Use of Mobile Health Applications for Health-Seeking Behavior Among US Adults

  • Soumitra S. Bhuyan
  • Ning Lu
  • Aastha Chandak
  • Hyunmin Kim
  • David Wyant
  • Jay Bhatt
  • Satish Kedia
  • Cyril F. Chang
Mobile Systems
Part of the following topical collections:
  1. Mobile Systems


This study explores the use of mobile health applications (mHealth apps) on smartphones or tablets for health-seeking behavior among US adults. Data was obtained from cycle 4 of the 4th edition of the Health Information National Trends Survey (HINTS 4). Weighted multivariate logistic regression models examined predictors of 1) having mHealth apps, 2) usefulness of mHealth apps in achieving health behavior goals, 3) helpfulness in medical care decision-making, and 4) asking a physician new questions or seeking a second opinion.

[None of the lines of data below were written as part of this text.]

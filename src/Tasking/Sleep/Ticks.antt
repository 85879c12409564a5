-- ===== src/Tasking/Sleep/Ticks.antt =====
-- When the first thread of the list wakes.
use vk.Prelude.{
  ℕ, ◌+◌, ◌-◌, ◌*◌, ◌≤◌, ◌<◌, ◌≡◌, ◌≢◌, refl, ap, zero, suc, true, false, List, [], ◌∷◌, ◌++◌, ◌==◌,
  ltb, map, All, append-nil, arith, Bool-cases, inl, inr, ==→eq, ==→ne,
}
use vk.Tasking.Sleep.{Wait, Sleepers, wake_zeros, update_list, scheduler_sleep_update}

-- The first entry of the list is not due at once.
abbrev pub IsPending : List Wait → Type 0
IsPending [] = Unit
IsPending (e ∷ es) = e.time ≢ 0

-- The woken threads are the first of the list, in order, and each of them has the time 0.
pub record Woke (list : List Wait) (woken : List (ℕ × ℕ)) (rest : List Wait) : Type 0 where
  pub due : List Wait
  pub threads : map (λ (e : Wait). e.thread) due ≡ woken
  pub none_left : All (λ (e : Wait). e.time ≡ 0) due
  pub parts : due ++ rest ≡ list
  pub pending : IsPending rest

wake_zeros-Woke : (list : List Wait) → Woke list (wake_zeros list).0 (wake_zeros list).1
unfolding wake_zeros
wake_zeros-Woke [] = record { due = []; threads = refl; none_left = tt; parts = refl; pending = tt }
wake_zeros-Woke (e ∷ es) = elim (Bool-cases (e.time == 0)) [
  | inl z ↦
      let ih = wake_zeros-Woke es in
      rw z (record {
        due = e ∷ ih.due;
        threads = ap (λ (l : List (ℕ × ℕ)). e.thread ∷ l) ih.threads;
        none_left = (==→eq e.time 0 z, ih.none_left);
        parts = ap (λ (l : List Wait). e ∷ l) ih.parts;
        pending = ih.pending;
      })
  | inr ne ↦ rw ne (record {
    due = [];
    threads = refl;
    none_left = tt;
    parts = refl;
    pending = ==→ne e.time 0 ne;
  })
]

-- The threads woken by `n` updates.
unfoldable pub ticks : ℕ → Sleepers → List (ℕ × ℕ) × Sleepers
unfolding scheduler_sleep_update
ticks zero s = ([], s)
ticks (suc n) s =
    let (woken, s') = scheduler_sleep_update s in
    let (later, s'') = ticks n s' in (woken ++ later, s'')

wakes_nobody :
    (s : Sleepers) (e : Wait) (es : List Wait)
    → s.wait_list ≡ e ∷ es
    → 55 < e.time
    → scheduler_sleep_update s ≡ ([], record s { wait_list = record e { time = e.time - 55 } ∷ es })
unfolding scheduler_sleep_update update_list
wakes_nobody s e es l lt = let b : ltb 55 e.time ≡ true = ground arith in rw (l, b) refl

ticks-later :
    (n : ℕ) (s : Sleepers) (e : Wait) (es : List Wait)
    → s.wait_list ≡ e ∷ es
    → 55 < e.time
    → ticks (suc n) s ≡ ticks n (record s { wait_list = record e { time = e.time - 55 } ∷ es })
unfolding ticks
ticks-later n s e es l lt =
    ap (λ (p : List (ℕ × ℕ) × Sleepers). (p.0 ++ (ticks n p.1).0, (ticks n p.1).1))
      (wakes_nobody s e es l lt)

-- What `scheduler_sleep_update-wakes` states.
abbrev Wakes : ℕ → Sleepers → Wait → List Wait → Type 0
Wakes n s e es =
    ((ticks n s).0 ≡ [])
    × (woken : List (ℕ × ℕ)) × ((ticks (n + 1) s).0 ≡ e.thread ∷ woken)
    × Woke es woken (ticks (n + 1) s).1.wait_list

Wakes-later :
    (n : ℕ) (s : Sleepers) (e : Wait) (es : List Wait)
    → s.wait_list ≡ e ∷ es
    → 55 < e.time
    → Wakes n
        (record s { wait_list = record e { time = e.time - 55 } ∷ es })
        (record e { time = e.time - 55 })
        es
    → Wakes (suc n) s e es
Wakes-later n s e es l lt w =
    let one : suc n + 1 ≡ suc (n + 1) = omega arith in
    rw (one, ticks-later n s e es l lt, ticks-later (n + 1) s e es l lt) w

-- The first thread of the list, with a time above `55 * n` and not above `55 * (n + 1)`, sleeps
-- through `n` updates, as all others do, and wakes at the next, together with those behind it that
-- stand there with the time 0; the others stay in the list, in order.
pub scheduler_sleep_update-wakes :
    (n : ℕ) (s : Sleepers) (e : Wait) (es : List Wait)
    → s.wait_list ≡ e ∷ es
    → 55 * n < e.time
    → e.time ≤ 55 * (n + 1)
    → ((ticks n s).0 ≡ [])
      × (woken : List (ℕ × ℕ)) × ((ticks (n + 1) s).0 ≡ e.thread ∷ woken)
      × Woke es woken (ticks (n + 1) s).1.wait_list
unfolding ticks scheduler_sleep_update update_list
scheduler_sleep_update-wakes zero s e es l lo hi =
    let b : ltb 55 e.time ≡ false = ground arith in
    rw (l, b) (refl, (wake_zeros es).0, append-nil _, wake_zeros-Woke es)
scheduler_sleep_update-wakes (suc n) s e es l lo hi =
    let e' : Wait = record e { time = e.time - 55 } in
    Wakes-later n s e es l (omega arith) (
      scheduler_sleep_update-wakes n (record s { wait_list = e' ∷ es }) e' es refl (omega arith)
        (omega arith))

Using the Andersen Model of health services utilization, independent variables of interest were grouped under predisposing factors (age, gender, race, ethnicity, and marital status), enabling factors (education, employment, income, regular provider, health insurance, and rural/urban location of residence), and need factors (general health, confidence in their ability to take care of health, Body Mass Index, smoking status, and number of comorbidities). In a national sample of adults who had smartphones or tablets, 36 % had mHealth apps on their devices. Among those with apps, 60 % reported the usefulness of mHealth apps in achieving health behavior goals, 35 % reported their helpfulness for medical care decision-making, and 38 % reported their usefulness in asking their physicians new questions or seeking a second opinion. The multivariate models revealed that respondents were more likely to have mHealth apps if they had more education, health insurance, were confident in their ability to take good care of themselves, or had comorbidities, and were less likely to have them if they were older, had higher income, or lived in rural areas. In terms of usefulness of mHealth apps, those who were older and had higher income were less likely to report their usefulness in achieving health behavior goals. Those who were older, African American, and had confidence in their ability to take care of their health were more likely to respond that the mHealth apps were helpful in making a medical care decision and asking their physicians new questions or for a second opinion. Potentially, mHealth apps may reduce the burden on primary care, reduce costs, and improve the quality of care. However, several personal-level factors were associated with having mHealth apps and their perceived helpfulness among their users, indicating a multidimensional digital divide in the population of US adults.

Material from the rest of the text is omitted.